Top
Interstage Big DataParallel Processing ServerV1.0.1 User's Guide
FUJITSU Software

C.4 pdfs-site.xml

This section describes the properties to be set in pdfs-site.xml.

Property

Value to be set

pdfs.fs.local.basedir

DFS mount directory path

Path joining BDPP_PDFS_MOUNTPOINT and BDPP_HADOOP_TOP_DIR in bdpp.conf

Example

If the bdpp.conf configuration file has the following settings, this path is /mnt/pdfs/hadoop.

BDPP_PDFS_MOUNTPOINT=/mnt/pdfs
BDPP_HADOOP_TOP_DIR=/hadoop

pdfs.fs.local.homedir

Home directory path for users in the DFS FileSystem class

/user

pdfs.security.authorization

Whether to use the MapReduce job user authentication of the DFS

true

pdfs.fs.local.buffer.size

Default buffer size (bytes) used during Read/Write

524288 (512 KB) (*1)

pdfs.fs.local.block.size

Data size (bytes) into which Map tasks are split for MapReduce jobs

268435456 (256 MB)

pdfs.fs.local.posix.umask

Whether to reflect the process umask value in access permissions set when creating a file or directory

true (*2)

pdfs.fs.local.cache.location

Whether to use the cache local MapReduce feature

true

pdfs.fs.local.cache.minsize

Size (bytes) of files excluded from the cache local MapReduce feature

1048576 (1 MB)

pdfs.fs.local.cache.procs

Number of multiplex executions when the cache local MapReduce feature obtains the memory cache information

40

*1: Use the greater of the value to be set or the io.file.buffer.size value in "C.2 core-site.xml".

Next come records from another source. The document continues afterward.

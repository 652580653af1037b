-- ===== src/Normalizing.antt =====
-- The robust scaling normalizer: normalizers/robustscaling. A Go map is an association list with
-- one entry for each key; the order in which a map is walked is a parameter, and so is sort.Float64s.
pub mod Middles
pub mod Quartiles
pub mod Separate
pub mod Total
pub mod Offset
pub mod Order
pub mod Reconcile
pub mod Publishing
use argocd_autoscaler.Base.{
  ◌+◌, ◌-◌, ◌/◌, ◌%◌, Option, none, some, List, [], ◌∷◌, ◌++◌, map, if◌then◌else◌, length,
  get_elem?, take, drop, ltb, ◌==◌,
}
use argocd_autoscaler.Text.{Text}
use argocd_autoscaler.Arithmetic.{Arithmetic}
use argocd_autoscaler.Grouping.{group_by}
use argocd_autoscaler.LoadIndexing.{Metric, ById}
use argocd_autoscaler.Outcomes.{Outcome, returned, panicked, ◌>>=◌, or_panic, or_fail}

module _ (n : Arithmetic) where
  -- Lines 41 to 47.
  abbrev pub group_by_id : List (Metric n) → ById n
  group_by_id xs = group_by (λ x. x.id) xs []

  -- Line 136.
  abbrev pub mean_of : Option n.Float → Option n.Float → Outcome n.Float
  mean_of a b = or_panic a >>= λ x. or_panic b >>= λ y. returned (n.div (n.add x y) (n.of_nat 2))

  -- Lines 129 to 139: an empty slice panics, and an index out of range would.
  unfoldable pub compute_median : List n.Float → Outcome n.Float
  compute_median sorted =
      let middle = length sorted / 2 in
      if length sorted == 0
      then panicked
      else if length sorted % 2 == 0
      then mean_of (get_elem? sorted (middle - 1)) (get_elem? sorted middle)
      else or_panic (get_elem? sorted middle)

  abbrev pub lower_half : List n.Float → List n.Float
  lower_half sorted = take (length sorted / 2) sorted

  abbrev pub upper_half : List n.Float → List n.Float
  upper_half sorted =
      if length sorted % 2 == 0
      then drop (length sorted / 2) sorted
      else drop (length sorted / 2 + 1) sorted

  -- Lines 143 to 160.
  unfoldable pub compute_quartiles : List n.Float → Outcome (n.Float × n.Float)
  unfolding compute_median
  compute_quartiles sorted = do
    q1 ← compute_median (lower_half sorted)
    q3 ← compute_median (upper_half sorted)
    returned (q1, q3)

  -- Lines 64 to 75.
  unfoldable pub compute_iqr : List n.Float → Outcome n.Float
  unfolding compute_quartiles
  compute_iqr sorted =
      if ltb 1 (length sorted)
      then (compute_quartiles sorted >>= λ q. returned (n.sub q.1 q.0))
      else returned (n.of_nat 0)

  -- Lines 79 to 87.
  abbrev pub scaled : n.Float → n.Float → Metric n → n.Float
  scaled median iqr x =
      if n.eq iqr (n.of_nat 0) then n.of_nat 0 else n.div (n.sub (n.as_float x.value) median) iqr

  abbrev pub with_value : Metric n → Text → n.Quantity → Metric n
  with_value x text q = record {
    id = x.id;
    shard = x.shard;
    query = x.query;
    value = q;
    display_value = text;
  }

  -- Lines 88 to 100.
  abbrev pub scale_one : n.Float → n.Float → Metric n → Outcome (Metric n)
  scale_one median iqr x =
      let text = n.format (scaled median iqr x) in
      or_fail (n.parse text) >>= λ q. returned (with_value x text q)

  -- Lines 78 to 101.
  unfoldable pub scale_all : n.Float → n.Float → List (Metric n) → Outcome (List (Metric n))
  scale_all median iqr [] = returned []
  scale_all median iqr (x ∷ xs) =
      scale_one median iqr x >>= λ y. scale_all median iqr xs >>= λ ys. returned (y ∷ ys)

  module _ (sort : List n.Float → List n.Float) where
    -- Lines 52 to 59.
    abbrev pub sorted_values : List (Metric n) → List n.Float
    sorted_values xs = sort (map (λ x. n.as_float x.value) xs)

    -- The body of the loop over the groups, lines 51 to 101.
    unfoldable pub normalize_group : List (Metric n) → Outcome (List (Metric n))
    unfolding compute_median compute_iqr scale_all
    normalize_group xs = do
      median ← compute_median (sorted_values xs)
      iqr ← compute_iqr (sorted_values xs)
      scale_all median iqr xs

    unfoldable pub normalize_groups : ById n → Outcome (List (Metric n))
    unfolding normalize_group
    normalize_groups [] = returned []
    normalize_groups ((id, xs) ∷ es) =
        normalize_group xs >>= λ ys. normalize_groups es >>= λ zs. returned (ys ++ zs)

  -- Lines 105 to 114: the first and the second of the pair are minValue and maxValue.
  abbrev pub widen : Metric n → n.Float × n.Float → n.Float × n.Float
  widen x r = (
    if n.lt (n.as_float x.value) r.0 then n.as_float x.value else r.0,
    if n.lt r.1 (n.as_float x.value) then n.as_float x.value else r.1,
  )

  unfoldable pub find_range : List (Metric n) → n.Float × n.Float → n.Float × n.Float
  find_range [] r = r
  find_range (x ∷ xs) r = find_range xs (widen x r)

  -- The constant math.MaxFloat64 * -1 is -MaxFloat64.
  abbrev pub no_range : n.Float × n.Float
  no_range = (n.max_float, n.neg n.max_float)

  -- Lines 115 to 116.
  abbrev pub offset_of : n.Float → n.Float × n.Float → n.Float
  offset_of e r = n.add (n.neg r.0) (n.mul e (n.sub r.1 r.0))

  -- Lines 118 to 120: MustParse panics on an error, and only the value is written.
  abbrev pub shift_one : n.Float → Metric n → Outcome (Metric n)
  shift_one offset x = or_panic (n.parse (n.format (n.add (n.as_float x.value) offset))) >>= λ q.
      returned (record x { value = q })

  -- Lines 117 to 121.
  unfoldable pub shift_all : n.Float → List (Metric n) → Outcome (List (Metric n))
  shift_all offset [] = returned []
  shift_all offset (x ∷ xs) =
      shift_one offset x >>= λ y. shift_all offset xs >>= λ ys. returned (y ∷ ys)

  -- Lines 104 to 122.
  unfoldable pub shift : Option n.Float → List (Metric n) → Outcome (List (Metric n))
  unfolding find_range shift_all
  shift none xs = returned xs
  shift (some e) xs = shift_all (offset_of e (find_range xs no_range)) xs

  -- NormalizerImpl.Normalize; `order` is the order in which metricsByID is walked.
  module _ (sort : List n.Float → List n.Float) (order : ById n → ById n) where
    unfoldable pub normalize : Option n.Float → List (Metric n) → Outcome (List (Metric n))
    unfolding group_by normalize_groups shift
    normalize e xs = normalize_groups sort (order (group_by_id xs)) >>= shift e
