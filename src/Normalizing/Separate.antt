-- ===== src/Normalizing/Separate.antt =====
-- Each metric ID is normalized by itself.
use argocd_autoscaler.Base.{
  Bool, suc, ◌≡◌, refl, ap, sym, subst, ◌∙◌, true, false, none, some, List, [], ◌∷◌, ◌++◌, arith,
  if◌then◌else◌, Bool-cases, inl, inr, All, All-map, All-Permᴰ, some_inj,
}
use mathlib.Core.Path.{ap₂}
use mathlib.Core.List.{Permᴰ, append-nil}
use mathlib.Core.List.Permᴰ
use argocd_autoscaler.Text.{Text, text_eq}
use argocd_autoscaler.Text.Order.{text_eq→eq}
use argocd_autoscaler.Arithmetic.{Arithmetic}
use argocd_autoscaler.Maps.{find_key, count_key, count_key-Permᴰ, present, entries-found}
use argocd_autoscaler.Grouping.{
  select_by, select_by-append, select_by-All, select_by_same, select_by_other, nonempty,
  nonempty_lem, IsGrouping, group_by-IsGrouping,
}
use argocd_autoscaler.LoadIndexing.{Metric, ById}
use argocd_autoscaler.LoadIndexing.Groups.{of_id}
use argocd_autoscaler.Outcomes.{Outcome, returned, or_fail}
use argocd_autoscaler.Normalizing.{
  scaled, scale_one, scale_all, compute_median, compute_iqr, sorted_values, normalize_group,
  normalize_groups, group_by_id, shift, normalize,
}
use argocd_autoscaler.Outcomes.{returned_inj, >>=-eq_returned}

module _ (n : Arithmetic) where
  abbrev HasId : Text → Metric n → Type 0
  HasId k x = x.id ≡ k

  scale_one-HasId :
      (median iqr : n.Float) (k : Text) (x : Metric n) {y : Metric n}
      → scale_one n median iqr x ≡ returned y
      → HasId k x
      → HasId k y
  scale_one-HasId median iqr k x h e =
      let (q, read, same) =
        >>=-eq_returned (or_fail (n.parse (n.format (scaled n median iqr x)))) _ h in
      subst (HasId k) (returned_inj same) e

  scale_all-HasId :
      (median iqr : n.Float) (k : Text) (xs ys : List (Metric n))
      → scale_all n median iqr xs ≡ returned ys
      → All (HasId k) xs
      → All (HasId k) ys
  unfolding scale_all
  scale_all-HasId median iqr k [] ys h a = subst (All (HasId k)) (returned_inj h) tt
  scale_all-HasId median iqr k (x ∷ xs) ys h a =
      let (y, first, h') = >>=-eq_returned (scale_one n median iqr x) _ h in
      let (zs, rest, same) = >>=-eq_returned (scale_all n median iqr xs) _ h' in
      subst (All (HasId k)) (returned_inj same)
        (scale_one-HasId median iqr k x first a.0, scale_all-HasId median iqr k xs zs rest a.1)

  module _ (sort : List n.Float → List n.Float) where
    normalize_group-HasId :
        (k : Text) (xs ys : List (Metric n))
        → normalize_group n sort xs ≡ returned ys
        → All (HasId k) xs
        → All (HasId k) ys
    unfolding normalize_group
    normalize_group-HasId k xs ys h a =
        let (median, m, h') = >>=-eq_returned (compute_median n (sorted_values n sort xs)) _ h in
        let (iqr, i, h'') = >>=-eq_returned (compute_iqr n (sorted_values n sort xs)) _ h' in
        scale_all-HasId median iqr k xs ys h'' a

    -- A group of the map, with its ID.
    abbrev Tagged : Text × List (Metric n) → Type 0
    Tagged e = All (HasId e.0) e.1

    normalize_groups-absent :
        (es : ById n) (ys : List (Metric n)) (id : Text)
        → normalize_groups n sort es ≡ returned ys
        → All Tagged es
        → count_key id es ≡ 0
        → of_id n id ys ≡ []
    unfolding normalize_groups count_key select_by
    normalize_groups-absent [] ys id h a c = subst (λ l. of_id n id l ≡ []) (returned_inj h) refl
    normalize_groups-absent ((k, xs) ∷ es) ys id h a c =
        let (us, first, h') = >>=-eq_returned (normalize_group n sort xs) _ h in
        let (vs, rest, same) = >>=-eq_returned (normalize_groups n sort es) _ h' in
        elim (Bool-cases (text_eq k id)) [
          | inl e ↦ ground (arith, c, e)
          | inr e ↦
              let c' = ap (λ b. if b then suc (count_key id es) else count_key id es) (sym e) ∙ c in
              subst (λ l. of_id n id l ≡ []) (returned_inj same)
                (select_by-append (λ x. x.id) id us vs
                  ∙ ap₂ (λ l r. l ++ r)
                      (select_by_other (λ x. x.id) id k us e
                        (normalize_group-HasId k xs us first a.0))
                      (normalize_groups-absent es vs id rest a.1 c'))
        ]

    normalize_groups-present :
        (m es : ById n) (ys g : List (Metric n)) (id : Text)
        → normalize_groups n sort es ≡ returned ys
        → All (λ e. Tagged e × find_key e.0 m ≡ some e.1) es
        → find_key id m ≡ some g
        → count_key id es ≡ 1
        → normalize_group n sort g ≡ returned (of_id n id ys)
    unfolding normalize_groups count_key select_by
    normalize_groups-present m [] ys g id h a f c = ground (arith, c)
    normalize_groups-present m ((k, xs) ∷ es) ys g id h a f c =
        let (us, first, h') = >>=-eq_returned (normalize_group n sort xs) _ h in
        let (vs, rest, same) = >>=-eq_returned (normalize_groups n sort es) _ h' in
        let tagged = normalize_group-HasId k xs us first a.0.0 in
        let counted = λ (b : Bool) (e : text_eq k id ≡ b).
          ap (λ t. if t then suc (count_key id es) else count_key id es) (sym e) ∙ c in
        let split = select_by-append (λ x. x.id) id us vs in
        elim (Bool-cases (text_eq k id)) [
          | inl e ↦
              let here = text_eq→eq k id e in
              let same_group = some_inj (sym f ∙ ap (λ i. find_key i m) (sym here) ∙ a.0.1) in
              let none_left =
                normalize_groups-absent es vs id rest (All-map es (λ x t. t.0) a.1)
                  (ground (arith, counted true e)) in
              let all =
                select_by_same (λ x. x.id) id us (subst (λ i. All (HasId i) us) here tagged) in
              ap (normalize_group n sort) same_group
              ∙ first
              ∙ ap returned (
                  sym (split ∙ ap₂ (λ l r. l ++ r) all none_left ∙ append-nil us)
                  ∙ ap (of_id n id) (returned_inj same))
          | inr e ↦
              let none_here = select_by_other (λ x. x.id) id k us e tagged in
              normalize_groups-present m es vs g id rest a.1 f (counted false e)
              ∙ ap returned (
                  sym (split ∙ ap (λ l. l ++ of_id n id vs) none_here)
                  ∙ ap (of_id n id) (returned_inj same))
        ]

    -- What the metrics of one ID come to: nothing if there are none.
    abbrev pub normalize_alone : List (Metric n) → Outcome (List (Metric n))
    normalize_alone [] = returned []
    normalize_alone (x ∷ xs) = normalize_group n sort (x ∷ xs)

    module _ (order : ById n → ById n) (rearranges : (es : ById n) → Permᴰ (order es) es)
        (xs : List (Metric n)) where
      abbrev groups : ById n
      groups = group_by_id n xs

      grouping : IsGrouping (λ x. x.id) xs groups
      grouping = group_by-IsGrouping (λ x. x.id) xs

      tagged_lem :
          (e : Text × List (Metric n))
          → find_key e.0 groups ≡ some e.1
          → Tagged e × find_key e.0 groups ≡ some e.1
      tagged_lem e found =
          let (x, rest, some_metric, same) =
            nonempty_lem (of_id n e.0 xs) e.1 (sym (grouping.groups e.0) ∙ found) in
          (subst (All (HasId e.0)) (sym same) (select_by-All (λ x. x.id) e.0 xs), found)

      walked : All (λ e. Tagged e × find_key e.0 groups ≡ some e.1) (order groups)
      walked =
          All-map (order groups) tagged_lem
            (All-Permᴰ _ (Permᴰ.symm (rearranges groups)) (entries-found groups grouping.is_map))

      counted : (id : Text) → count_key id (order groups) ≡ present (find_key id groups)
      counted id = count_key-Permᴰ id (rearranges groups) ∙ grouping.is_map id

      alone_lem :
          (ys : List (Metric n)) (id : Text) (l : List (Metric n))
          → normalize_groups n sort (order groups) ≡ returned ys
          → find_key id groups ≡ nonempty l
          → normalize_alone l ≡ returned (of_id n id ys)
      alone_lem ys id [] h e = ap returned (
          sym (
            normalize_groups-absent (order groups) ys id h
              (All-map (order groups) (λ e t. t.0) walked) (counted id ∙ ap present e)))
      alone_lem ys id (x ∷ l) h e =
          normalize_groups-present groups (order groups) ys (x ∷ l) id h walked e
            (counted id ∙ ap present e)

      -- Whatever the order in which Go walks the map of metric IDs: if Normalize succeeds without an
      -- offset, the metrics of each ID in its result are, in their order, what it makes of the
      -- metrics of that ID alone, and there are none of an ID that did not come in. So neither the
      -- other IDs nor the order of the map change the result for an ID.
      pub normalize-alone :
          {ys : List (Metric n)}
          → normalize n sort order none xs ≡ returned ys
          → (id : Text) → normalize_alone (of_id n id xs) ≡ returned (of_id n id ys)
      unfolding normalize shift
      normalize-alone {ys} h id =
          let (zs, normalized, same) =
            >>=-eq_returned (normalize_groups n sort (order groups)) (shift n none) h in
          alone_lem ys id (of_id n id xs) (normalized ∙ same) (grouping.groups id)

*2: true: Uses the umask value (POSIX-compatible)/false: Does not use the umask value (HDFS-compatible)

Information

The cache local MapReduce feature

When pdfs.fs.local.cache.location is enabled (true), this feature obtains the memory cache retention node information of the target file when a MapReduce job starts. It also prioritizes assignment of the Map task to the node that has the cache, as a result, speeding up Map phase processing.

Additionally, as it is costly to obtain the memory cache retention node information, settings can be configured to not obtain information from files that are smaller than the size specified in pdfs.fs.local.cache.minsize.